Before each stage, you get a quick check on where you're at,
and it tells you which stage, how many lives you have, and your score.

By now, most people who are more than casually familiar with retro gaming should be familiar with the Angry Video Game Nerd, and his feud with Bugs Bunny.  Many have seen the video where he incredulously plays 5 games in the Crazy Castle series, to some disgust and frustration, followed by several sequences of the Nerd, and Bugs Bunny, duking it out in the most awkwardly hilarious choreographed fight sequence this side of 90's late night TV.  What some might not know, however, is that the Crazy Castle games are an interesting case of licensed property usage, and how that translates across different regions.  The original Famicom game was called Roger Rabbit, and starred the titular character from the movie.  However, Capcom had the rights to all the Disney franchises in North America, so it came to the US as Bugs Bunny Crazy Castle.  When the game was ported to the Game Boy, Kemco of Japan had already lost the licensing rights to Roger, but they still had Disney rights in Japan, so the game came to the Game Boy as Mickey Mouse.  However, in the US, Kemco still had the rights to the character, so the North American Game Boy release was also titled Bugs Bunny Crazy Castle.  Funny how that stuff works, right?  In any event, the Game Boy game was pretty much a straight port of the NES game, with a graphical downgrade, but retaining the same level design and music.

"Oh my stars, look at all the carrots!

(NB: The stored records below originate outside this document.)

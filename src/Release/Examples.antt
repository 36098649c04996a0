-- ===== src/Release/Examples.antt =====
-- Examples of a release: a first run, a retry, a dry run, a check, and a tag that is elsewhere.
use onesti_lock.Base.{
  [], ℕ, Bool, true, false, Result, ok, List, ◌∷◌, ◌++◌, Option, none, some, ◌≡◌, refl, replicate,
  All,
}
use onesti_lock.Release.{Halt, Candidate, Asset, Release, Row, World, commit_ref, asset_name}
use onesti_lock.Release.Zip.{Import, Packed, build_zip}
use onesti_lock.Release.Published.{Info}
use onesti_lock.Release.Publish.{given, Options, noop, published, run}
use onesti_lock.Release.Bound.{Guarded, run-Guarded}
use onesti_lock.Release.Retried.{OnlyPublishes, Untouched, run_retried, run_foreign_tag}
use onesti_lock.Release.Passes.{run_passes}
use onesti_lock.Release.Proved.{IsProved, run_verified}
use onesti_lock.Release.Main.{Git, publish, main, main_reads_only}
use onesti_lock.Release.Contents.{IsInstallable, build_zip-IsInstallable}

abbrev sha : List ℕ
sha = replicate 40 b'a'

abbrev candidate : Candidate
candidate = record { repo = b'r' ∷ []; sha = sha; version = b'1' ∷ b'.' ∷ b'4' ∷ b'.' ∷ b'0' ∷ [] }

abbrev no_imports : List ℕ → Option (List Import)
no_imports text = some []

abbrev joined : List Packed → List ℕ
joined [] = []
joined (f ∷ files) = f.content ++ joined files

abbrev as_digest : List ℕ → List ℕ
as_digest text = text

abbrev one_file : List ℕ → Result Halt (List Info)
one_file text = ok (record { filename = b'a' ∷ []; is_dir = false; content = text } ∷ [])

abbrev code : List ℕ
code = 1 ∷ 2 ∷ 3 ∷ []

abbrev module_row : Row
module_row = record {
  mode = b'1' ∷ b'0' ∷ b'0' ∷ b'6' ∷ b'4' ∷ b'4' ∷ [];
  is_blob = true;
  blob = b'b' ∷ [];
  path = b'a' ∷ b'.' ∷ b'p' ∷ b'y' ∷ [];
}

abbrev ble_row : Row
ble_row = record module_row { path = b'b' ∷ b'l' ∷ b'e' ∷ b'/' ∷ b'x' ∷ [] }

abbrev asset : Asset
asset = record { name = asset_name; content = ok code }

abbrev made_release : Bool → List Asset → Release
made_release draft assets = record {
  id = 7;
  tag_name = b'v' ∷ candidate.version;
  draft = draft;
  body = [];
  target_commitish = sha;
  assets = assets;
}

-- A repository without a tag and without a release.
abbrev world : World
world = record {
  tree = λ s. ok (ble_row ∷ module_row ∷ []);
  blob_content = λ b. ok code;
  ref = ok none;
  tag_object = λ s. ok s;
  releases = ok [];
  default_branch = ok (b'm' ∷ []);
  compare = λ main. ok (some (b'b' ∷ b'e' ∷ b'h' ∷ b'i' ∷ b'n' ∷ b'd' ∷ []));
  latest = ok (some (b'v' ∷ b'1' ∷ b'.' ∷ b'3' ∷ b'.' ∷ b'9' ∷ []));
  attested = λ s f. ok ((some f ∷ []) ∷ []);
  body = λ d. ok d;
  created_ref = ok tt;
  created_release = ok (made_release true []);
  uploaded = ok tt;
  updated = ok (made_release true (asset ∷ []));
  published = ok tt;
}

-- The tag and a release with the ZIP are there.
abbrev tagged_world : Bool → World
tagged_world draft = record world {
  ref = ok (some (commit_ref sha));
  releases = ok (made_release draft (asset ∷ []) ∷ []);
}

abbrev publish_options : Options
publish_options = record {
  zip_path = none;
  plan_only = false;
  require_attestation = true;
  strict = false;
  trial = false;
}

-- A first run goes through to the end.
first_run :
    (run no_imports joined as_digest one_file world publish_options candidate).outcome
    ≡ ok published
unfolding run
first_run = refl

run-Guarded_example :
    Guarded no_imports joined as_digest one_file world publish_options candidate
      (run no_imports joined as_digest one_file world publish_options candidate)
run-Guarded_example =
    run-Guarded no_imports joined as_digest one_file world publish_options candidate

abbrev git : Git
git = record { rev_parse = ok sha; manifest_version = λ s. ok (some candidate.version) }

main_reads_only_example :
    (main no_imports joined as_digest one_file world git candidate.repo
      (publish false true)
      none).writes
    ≡ []
main_reads_only_example =
    main_reads_only no_imports joined as_digest one_file world git candidate.repo
      (publish false true) none refl

run_retried_example :
    OnlyPublishes
      (run no_imports joined as_digest one_file
        (tagged_world true)
        publish_options
        candidate).writes
unfolding run
run_retried_example =
    run_retried no_imports joined as_digest one_file (tagged_world true) publish_options candidate
      (made_release true (asset ∷ [])) asset [] refl refl refl

run_foreign_tag_example : Untouched (
    run no_imports joined as_digest one_file
      (record world { ref = ok (some (commit_ref [])) })
      publish_options
      candidate)
unfolding run
run_foreign_tag_example =
    run_foreign_tag no_imports joined as_digest one_file
      (record world { ref = ok (some (commit_ref [])) }) publish_options candidate [] refl
      (λ h. cc h)

abbrev verify_options : Options
verify_options = record publish_options { plan_only = true; strict = true }

run_verified_example :
    (noop ≡ noop) × IsProved no_imports joined as_digest one_file (tagged_world false) candidate
unfolding run
run_verified_example =
    run_verified no_imports joined as_digest one_file (tagged_world false) verify_options candidate
      noop refl refl

build_zip-IsInstallable_example :
    (files : List Packed) × (code ≡ joined files) × All (IsInstallable no_imports) files
unfolding build_zip
build_zip-IsInstallable_example = build_zip-IsInstallable no_imports joined world sha code refl

run_passes_example :
    run no_imports joined as_digest one_file (tagged_world false) verify_options candidate
    ≡ given noop
unfolding run
run_passes_example =
    run_passes no_imports joined as_digest one_file (tagged_world false) verify_options candidate
      (made_release false (asset ∷ [])) asset [] code code (1 ∷ 4 ∷ 0 ∷ []) refl refl refl refl refl
      refl refl refl refl
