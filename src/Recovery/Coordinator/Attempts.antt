-- ===== src/Recovery/Coordinator/Attempts.antt =====
-- `RecoveryCoordinator._execute_target` from its first claim: the loop over the attempts, with the
-- active session that recurrences are attached to.
use failure_resolver.Prelude.{
  ℕ, zero, suc, ◌+◌, String, Bool, true, false, not, Option, none, some, ◌==◌, str_eq,
  if◌then◌else◌,
}
use failure_resolver.Json.{arr, Fields, get}
use failure_resolver.Errors.{
  Error, Result, ok, err, contract, assertion, raise_if, Done, is_contract,
}
use failure_resolver.Errors
use failure_resolver.Runtime.{Runtime}
use failure_resolver.Robot.Pointer.{FlowPointer}
use failure_resolver.Recovery.Inputs.{uuid_text}
use failure_resolver.Recovery.Target
use failure_resolver.Recovery.Target.{PointerKey, pointer_key, RecoveryTarget}
use failure_resolver.Recovery.Session.{SessionRecord, parse_recovery_session}
use failure_resolver.Recovery.Checks.{
  pointer_matches_session, validate_plan_for_session, validate_plan_for_flow,
}
use failure_resolver.Recovery.Plan.{parse_recovery_plan}
use failure_resolver.Recovery.Plan.Continuation.{RecoveryPlan}
use failure_resolver.Recovery.Outcome.{Outcome}
use failure_resolver.Recovery.Live.{require_live_execution_state}
use failure_resolver.Recovery.Attempt.{
  Attempted, require_live, settled, finish_unknown, required_database, count, execute_attempt,
}
use failure_resolver.Recovery.Attempt.Monad.{unknown, pure, lift, raise, ◌>>=◌, ◌>>◌}
use failure_resolver.Recovery.Coordinator.{
  Control, Act, call, read, claim, finish_at, update_actives, find_active, put_active, drop_active,
  Active,
}
use failure_resolver.Recovery.Coordinator.Prepare.{
  fresh_paused_pointer, prepared_session, session_id_of, check_prepared, grace_over, is_open,
  skipped,
}

-- How the loop goes on after a round: it is over, or there is another round at the pointer.
pub data Next : Type 0 where
  over : Next
  again : FlowPointer → Next

-- Whether the loop has ended, or the rounds allowed were too few.
pub data Loop : Type 0 where
  ended out_of_rounds : Loop

same_uuid : Option String → String → Bool
same_uuid none id = false
same_uuid (some a) id = str_eq a id

failure_of : Option Active → String → String
failure_of none id = id
failure_of (some a) id = a.current_failure_id

abbrev is_failed : Target.Status → Bool
is_failed Target.failed = true
is_failed _ = false

module _ (py : Runtime) (ctl : Control) where
  open ctl use {out, settings}

  -- A claim whose row cannot be read is closed as unknown, if its session and its token can be.
  unfoldable pub close_malformed : Error → String → String → Fields → Act ctl Done
  unfolding same_uuid
  close_malformed e session_id failure_id row = elim (uuid_text py (get "recovery_run_token" row)) [
    | none ↦ raise e
    | some token ↦
        if same_uuid (uuid_text py (get "recovery_session_id" row)) session_id
        then (do
          finish_at ctl (record {
            failure_id = failure_id;
            recovery_session_id = session_id;
            run_token = token;
            result = unknown;
          })
          count py out (λ s. record s { attempts_unknown = s.attempts_unknown + 1 }))
        else raise e
  ]

  -- The last checks before anything is sent: those of the Flow and of the live state.
  unfoldable pub still_live : RecoveryPlan → FlowPointer → Act ctl (Result Done)
  still_live plan p r = (
    ok (
        Errors.◌>>◌ (validate_plan_for_flow plan p)
          (Errors.◌>>◌ (require_live_execution_state py (out.view r.world) p plan) (ok tt))),
    r,
  )

  -- A retry needs a fresh pause at the same step.
  unfoldable pub next_round : SessionRecord → Option FlowPointer → Next
  next_round claimed none = over
  next_round claimed (some latest) =
      if pointer_matches_session py latest claimed then again latest else over

  -- What an attempt's result means for the loop.
  unfoldable pub next_of : SessionRecord → Attempted → Act ctl Next
  next_of claimed (Outcome.failed, settled finished) =
      if is_failed finished.recovery_status
      then (do v ← read ctl out.view; pure (next_round claimed v.latest_flow))
      else pure over
  next_of claimed (Outcome.failed, _) = raise assertion
  next_of claimed _ = pure over

  -- From a claimed session, whose plan fits its rewind setting.
  unfoldable pub dispatch_claimed :
      SessionRecord → String → RecoveryPlan → FlowPointer → Result Done → Act ctl Next
  dispatch_claimed claimed failure_id plan p (ok live) = do
    attempted ← execute_attempt py out claimed failure_id plan p
    next_of claimed attempted
  dispatch_claimed claimed failure_id plan p (err e) =
      if is_contract e then (do finish_unknown py out claimed failure_id; pure over) else raise e

  unfoldable pub run_claimed : SessionRecord → String → FlowPointer → Act ctl Next
  run_claimed claimed failure_id p = do
    count py out (λ s. record s { last_failure_id = some failure_id })
    plan ← lift (parse_recovery_plan py (arr claimed.pinned_actions))
    if plan.rewind_steps == claimed.recovery_rewind_steps
        then (do
          lift (validate_plan_for_session plan claimed)
          live ← still_live plan p
          dispatch_claimed claimed failure_id plan p live)
        else do finish_unknown py out claimed failure_id; pure over

  unfoldable pub read_claim :
      String → String → FlowPointer → Fields → Result SessionRecord → Act ctl Next
  read_claim session_id failure_id p row (ok claimed) = run_claimed claimed failure_id p
  read_claim session_id failure_id p row (err e) =
      if is_contract e then (do close_malformed e session_id failure_id row; pure over) else raise e

  unfoldable pub claim_round : String → FlowPointer → String → Act ctl Next
  claim_round session_id p failure_id = do
    row ← claim ctl (record {
      failure_id = failure_id;
      recovery_session_id = session_id;
      lease_seconds = settings.lease_seconds;
    })
    count py out (λ s. record s { attempts_claimed = s.attempts_claimed + 1 })
    read_claim session_id failure_id p row (parse_recovery_session py row true)

  -- One round of the loop.
  unfoldable pub round : RecoveryTarget → String → RecoveryPlan → FlowPointer → Act ctl Next
  unfolding failure_of
  round target session_id prepared_plan p = do
    active ← read ctl (λ w. find_active (pointer_key target.pointer) (ctl.actives w))
    require_live py out prepared_plan p
    claim_round session_id p (failure_of active target.failure_id)

  -- `while not self._stop_event.is_set()`
  unfoldable pub rounds : ℕ → RecoveryTarget → String → RecoveryPlan → FlowPointer → Act ctl Loop
  rounds zero target session_id prepared_plan p = pure out_of_rounds
  rounds (suc n) target session_id prepared_plan p = do
    stopped ← read ctl ctl.stopped
    if stopped then pure ended else do
      next ← round target session_id prepared_plan p
      elim next [
        | over ↦ pure ended
        | again latest ↦ rounds n target session_id prepared_plan latest
      ]

  -- The `try` with its `finally`: the session is active while the loop runs. The lock of the robot
  -- keeps the entry of its step to this execution.
  unfoldable pub run_attempts :
      ℕ → RecoveryTarget → String → RecoveryPlan → FlowPointer → Act ctl Loop
  run_attempts n target session_id prepared_plan p r =
      let key = pointer_key target.pointer in
      let (x, r') =
        (do
          update_actives ctl (
              put_active key (record {
                recovery_session_id = session_id;
                current_failure_id = target.failure_id;
              }))
          rounds n target session_id prepared_plan p)
          r in
      (x, (update_actives ctl (drop_active key) r').1)

  -- From the session that the database prepared.
  unfoldable pub execute_session :
      ℕ → RecoveryTarget → SessionRecord → String → FlowPointer → Act ctl Loop
  execute_session n target prepared session_id p =
      if is_open prepared.recovery_status
      then (do
        plan ← check_prepared py ctl target prepared p
        go ← grace_over py ctl session_id
        if go then run_attempts n target session_id plan p else pure ended)
      else do count py out skipped; pure ended

  -- `_execute_target`, with the identifier of a new session and the number of rounds allowed.
  unfoldable pub execute_target : ℕ → RecoveryTarget → String → Act ctl Loop
  execute_target n target new_id = do
    required_database py out
    lift (raise_if (not (ctl.has_session target.sysid)) contract)
    p ← fresh_paused_pointer py ctl target.pointer
    call ctl (ctl.wait_for_commands p.generation)
    prepared ← prepared_session py ctl target p new_id
    count py out (λ s. record s {
      last_failure_id = some target.failure_id;
      last_session_id = some (session_id_of py ctl target prepared);
    })
    execute_session n target prepared (session_id_of py ctl target prepared) p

Ripe for the picking!"

Bugs Bunny Crazy Castle is a puzzle platformer.  You walk up and down staircases, crawl through pipes, and go up and down stairs through various doors, to reach multiple levels within each stage so you can collect carrots.  Along the way, you have to avoid one of several "enemies" within the game: Yosemite Sam, Daffy Duck, Wile E. Coyote, and for some reason, multiple Sylvester the Cat instances.  One touch, and it's curtains for Rocky, erm, I mean Bugs.  You do have a limited ability to attack, either by picking up a single-use boxing glove you can throw at a foe, or by pushing one of several stationary objects into an enemy.  These include wooden boxes, buckets, a 10-ton weight, and of course, ACME safes.  Each object has different weights, meaning when you kick them, they'll move different distances, based on their weight.  In other words, kicking the bucket makes it go very far, the wooden box less far, and the 10-ton weight the shortest distance.  Some levels also have a bottle of "invisible ink", but instead of just making you invisible, it also makes you invincible for a short time, so any enemy you touch in the limited time it's active, will instantly die and go "poof!"  Once you obtain all the carrots within a level, you receive a 1-up and advance to the next level.  After each level, you're given a 4-character password so you can continue where you left off.  That password is strictly to reach that stage, however - it will not record your score, or the number of lives you have.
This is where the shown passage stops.